Death jokes
My grandpa died in 9/11. He crashed a plane.
I asked an emo kid if they were jealous because their phone died before them.
I bet emo kids are jealous when their phone dies.
Me: Are you an orphan?
Orphan: Yes, what gave me away?
Me: Your parents.
I will always remember my grandma's last words: "What are you doing with that pillow?"
Memes
Your mom! Oh wait, you don't have one.
Are you a toaster?
Because I wanna take a bath with you.
My grandpa said my generation relies too much on technology.
Then I unplugged his life support. :)
What do you call an orphan with parents?
I don't know... what?
Kidnapped. :)
"Stop telling these orphan jokes!! Maybe some people that read these are orphans!"
I'll stop telling orphan jokes when their parents come back.
What makes a child an orphan?
Their parents left them for good. :D
A man is digging in his garden and finds a gold chest.

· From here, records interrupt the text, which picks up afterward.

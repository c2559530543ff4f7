-- ===== src/Standalone/Trace.antt =====
-- Sequences of clients and of children that end, in any order.
use mathlib.Core.Path.{subst}
use dragonsunited_minecraft.Base.{
  ℕ, suc, ◌+◌, ◌-◌, ◌%◌, ◌<◌, List, [], ◌∷◌, none, some, ◌≡◌, inl, inr, refl, sym, ap, ◌∙◌, arith,
  length, Bool-cases, Bytes, bytes_eq, bytes_eq_iff, bytes_eq_refl,
}
use dragonsunited_minecraft.Run.{Run, ok, ◌>>=◌}
use dragonsunited_minecraft.Hash.{find, unlink}
use dragonsunited_minecraft.Hash.Chain.{find-unlink, unlink-Distinct}
use dragonsunited_minecraft.Hash.Table.{
  IsTable, view, lookup_entry-view, free_entry-Updates, alloc-IsTable,
}
use dragonsunited_minecraft.Standalone.Account.{Models, Counts-congr, accept-parent, accept-failed}
use dragonsunited_minecraft.Standalone.Counts.{changed, drop_ip_count-Counts}
use dragonsunited_minecraft.Standalone.Sessions.{Sessions, tally, length-unlink, tally-unlink}
use dragonsunited_minecraft.Standalone.{
  uint_mod, pid_key, ip_key, Listener, initial, Fork, failed, parent, accept_client, reaped,
  reap_one, handle_sigchld, hash_ip, hash_pid,
}

tally-ended :
    (p : ℕ) (ip a : Bytes) (l : Sessions)
    → find p l ≡ some ip
    → changed (λ x. tally x l) ip (tally ip (unlink p l)) a ≡ tally a (unlink p l)
tally-ended p ip a l e = elim (Bool-cases (bytes_eq a ip)) [
  | inl h ↦ rw h (ap (λ (x : Bytes). tally x (unlink p l)) (sym ((bytes_eq_iff a ip).0 h)))
  | inr h ↦ rw h (tally-unlink p a l e ∙ rw h)
]

-- A child that ends is one session less, for the whole and for its address.
pub reap_one-Models :
    (s : Listener) (l : Sessions) (pid : ℕ) {ip : Bytes}
    → Models s l
    → find pid l ≡ some ip
    → (t : Listener) × (reap_one s pid ≡ ok t) × Models t (unlink pid l)
unfolding reap_one reaped
reap_one-Models s l pid {ip} m e =
    let present = m.by_pid pid ∙ e in
    let one : tally ip l ≡ suc (tally ip (unlink pid l)) =
      tally-unlink pid ip l e ∙ rw (bytes_eq_refl ip) in
    let (h, dropped, c) =
      drop_ip_count-Counts s.ip_count_hash (λ a. tally a l) m.by_ip ip (tally ip (unlink pid l))
        one in
    let (g, freed, u) = free_entry-Updates s.pid_ip_hash m.pids pid present in
    let less = length-unlink pid l e in
    let back : (s.children + uint_mod - 1) % uint_mod ≡ length (unlink pid l) =
      let a = m.all in let b = m.bounded in omega arith in
    (
      record { children = length (unlink pid l); ip_count_hash = h; pid_ip_hash = g },
      rw (lookup_entry-view s.pid_ip_hash m.pids pid, present, dropped, freed, back),
      record {
        all = refl;
        by_ip = Counts-congr (λ a. tally-ended pid ip a l e) c;
        pids = u.table;
        by_pid = λ p. u.reads p ∙ rw (m.by_pid p) (sym (find-unlink pid p l m.distinct));
        distinct = unlink-Distinct pid l m.distinct;
        bounded = let b = m.bounded in omega arith;
      },
    )

-- What happens to the listener: a client, with what its fork returns in the parent, or a SIGCHLD,
-- with the children that have ended by then.
pub data Event : Type 0 where
  client : Bytes → Fork → Event
  sigchld : List ℕ → Event

abbrev pub listen : Listener → Event → Run Listener
listen s (client ip fork) = do (t, launch) ← accept_client s ip fork; ok t
listen s (sigchld pids) = handle_sigchld s pids

unfoldable pub listen_all : Listener → List Event → Run Listener
listen_all s [] = ok s
listen_all s (e ∷ es) = do t ← listen s e; listen_all t es

-- The children of a list, all under way, that end one after another.
pub data Ends : Sessions → List ℕ → Sessions → Type 0 where
  all_ended : {l : Sessions} → Ends l [] l
  ended :
      {l r : Sessions} {pid : ℕ} {pids : List ℕ} (ip : Bytes)
      → find pid l ≡ some ip
      → Ends (unlink pid l) pids r
      → Ends l (pid ∷ pids) r

-- What the operating system does: a new child has a process id that no child has, and only
-- children that are under way end.
pub data Happens : Sessions → List Event → Sessions → Type 0 where
  nothing : {l : Sessions} → Happens l [] l
  started :
      {l r : Sessions} {es : List Event} (pid : ℕ) (ip : Bytes)
      → find pid l ≡ none
      → length l + 1 < uint_mod
      → Happens ((pid, ip) ∷ l) es r
      → Happens l (client ip (parent pid) ∷ es) r
  not_started :
      {l r : Sessions} {es : List Event} (ip : Bytes)
      → length l + 1 < uint_mod
      → Happens l es r
      → Happens l (client ip failed ∷ es) r
  reaps :
      {l m r : Sessions} {es : List Event} {pids : List ℕ}
      → Ends l pids m
      → Happens m es r
      → Happens l (sigchld pids ∷ es) r

pub sigchld-Models :
    {l r : Sessions} {pids : List ℕ} (s : Listener)
    → Models s l
    → Ends l pids r
    → (t : Listener) × (handle_sigchld s pids ≡ ok t) × Models t r
unfolding handle_sigchld
sigchld-Models s m all_ended = (s, refl, m)
sigchld-Models {l} s m (ended {pid = pid} ip e rest) =
    let (t, run, m') = reap_one-Models s l pid m e in
    let (u, later, m'') = sigchld-Models t m' rest in (u, rw run later, m'')

-- Over every sequence of clients and of children that end the listener reaches no `bug`, and its
-- counts are those of the sessions that are under way then, in all and for each address.
pub listen_all-Models :
    {l r : Sessions} {es : List Event} (s : Listener)
    → Models s l
    → Happens l es r
    → (t : Listener) × (listen_all s es ≡ ok t) × Models t r
unfolding listen_all
listen_all-Models s m nothing = (s, refl, m)
listen_all-Models {l} s m (started pid ip new room rest) =
    let (t, run, m') = accept-parent s l m ip room pid new in
    let (u, later, m'') = listen_all-Models t m' rest in (u, rw run later, m'')
listen_all-Models {l} s m (not_started ip room rest) =
    let (t, run, m') = accept-failed s l m ip room in
    let (u, later, m'') = listen_all-Models t m' rest in (u, rw run later, m'')
listen_all-Models s m (reaps ends rest) =
    let (t, run, m') = sigchld-Models s m ends in
    let (u, later, m'') = listen_all-Models t m' rest in (u, rw run later, m'')

-- The listener starts with no session.
pub initial-Models : Models initial []
initial-Models =
    let (h, e, table, empty) =
      alloc-IsTable {K = Bytes} {V = ℕ} 256 hash_ip (λ k. unfold hash_ip in omega arith) in
    let (g, f, table', empty') =
      alloc-IsTable {K = ℕ} {V = Bytes} 256 hash_pid (λ k. unfold hash_pid in omega arith) in
    record {
      all = refl;
      by_ip = record {
        table = subst IsTable e table;
        counts = λ a. subst (λ z. view z a ≡ none) e (empty a);
      };
      pids = subst IsTable f table';
      by_pid = λ p. subst (λ z. view z p ≡ none) f (empty' p) ∙ unfold find in refl;
      distinct = tt;
      bounded = omega arith;
    }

He goes to tell his wife.
Then he remembers why he was digging in the garden...
Everyone always has a special person in their life someday, but I think yours got ran over by a bus.

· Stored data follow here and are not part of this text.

-- ===== src/Standalone/Tests.antt =====
-- A listener with two clients of one address.
use dragonsunited_minecraft.Base.{[], ◌∷◌, List, some, ◌≡◌, refl, arith, Bytes}
use dragonsunited_minecraft.Run.{ok}
use dragonsunited_minecraft.Hash.{find, unlink}
use dragonsunited_minecraft.Standalone.Account.{Models, accept-child}
use dragonsunited_minecraft.Standalone.Sessions.{Sessions}
use dragonsunited_minecraft.Standalone.Trace.{
  Event, client, sigchld, Happens, nothing, started, not_started, reaps, all_ended, ended,
  listen_all, listen_all-Models, initial-Models,
}
use dragonsunited_minecraft.Standalone.{
  Listener, initial, parent, failed, child, pid_key, ip_key, accept_client, hash_ip,
}

abbrev address : Bytes
address = 192 ∷ 168 ∷ 1 ∷ 7 ∷ []

abbrev events : List Event
events =
    client address (parent 31)
    ∷ client address failed
    ∷ client address (parent 42)
    ∷ sigchld (31 ∷ [])
    ∷ []

abbrev left : Sessions
left = (42, address) ∷ []

events-Happens : Happens [] events left
unfolding find unlink
events-Happens = started 31 address refl (omega arith) (
    not_started address (omega arith)
      (started 42 address refl (omega arith) (reaps (ended address refl all_ended) nothing)))

listen_all-Models_example : (t : Listener) × (listen_all initial events ≡ ok t) × Models t left
listen_all-Models_example = listen_all-Models initial initial-Models events-Happens

accept-child_example :
    (t : Listener) × (accept_client initial address child
      ≡ ok (t, some (record { num_children = 1; num_this_ip = 1 })))
accept-child_example = accept-child initial [] initial-Models address (omega arith)

-- The four bytes of an IPv4 address make one word.
hash_ip_word : hash_ip 256 address ≡ 7
unfolding hash_ip
hash_ip_word = refl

How do you bury a prostitute?
In a Y-shaped coffin.
What’s the best way to make sure you don’t get COVID?
Suicide.
When I die I want to have a piece of paper near me giving a clue on how I died, like, "I want everyone to miss me except for this bullet," or, "You didn't hang with me but guess what did?"
One of my friends named Jill had a drug overdose.

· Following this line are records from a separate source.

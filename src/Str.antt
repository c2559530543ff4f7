-- ===== src/Str.antt =====
-- str.c: the string type that all of the server uses.
pub mod Buffer
pub mod Text
pub mod Lines
pub mod Cut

She didn’t have any of that drug after that. For the rest of her life, she acted very high. When she died, it was because of natural causes, not the drug. So this proves that a lethal dose is also a life time supply.
What do you say to a kid in a trash compactor?
You looking a little square.
Did you know Princess Diana had dandruff?
Yea, they found her “head and shoulders“ on the backseat of her car.
The Earth was flat until yo mama buried herself.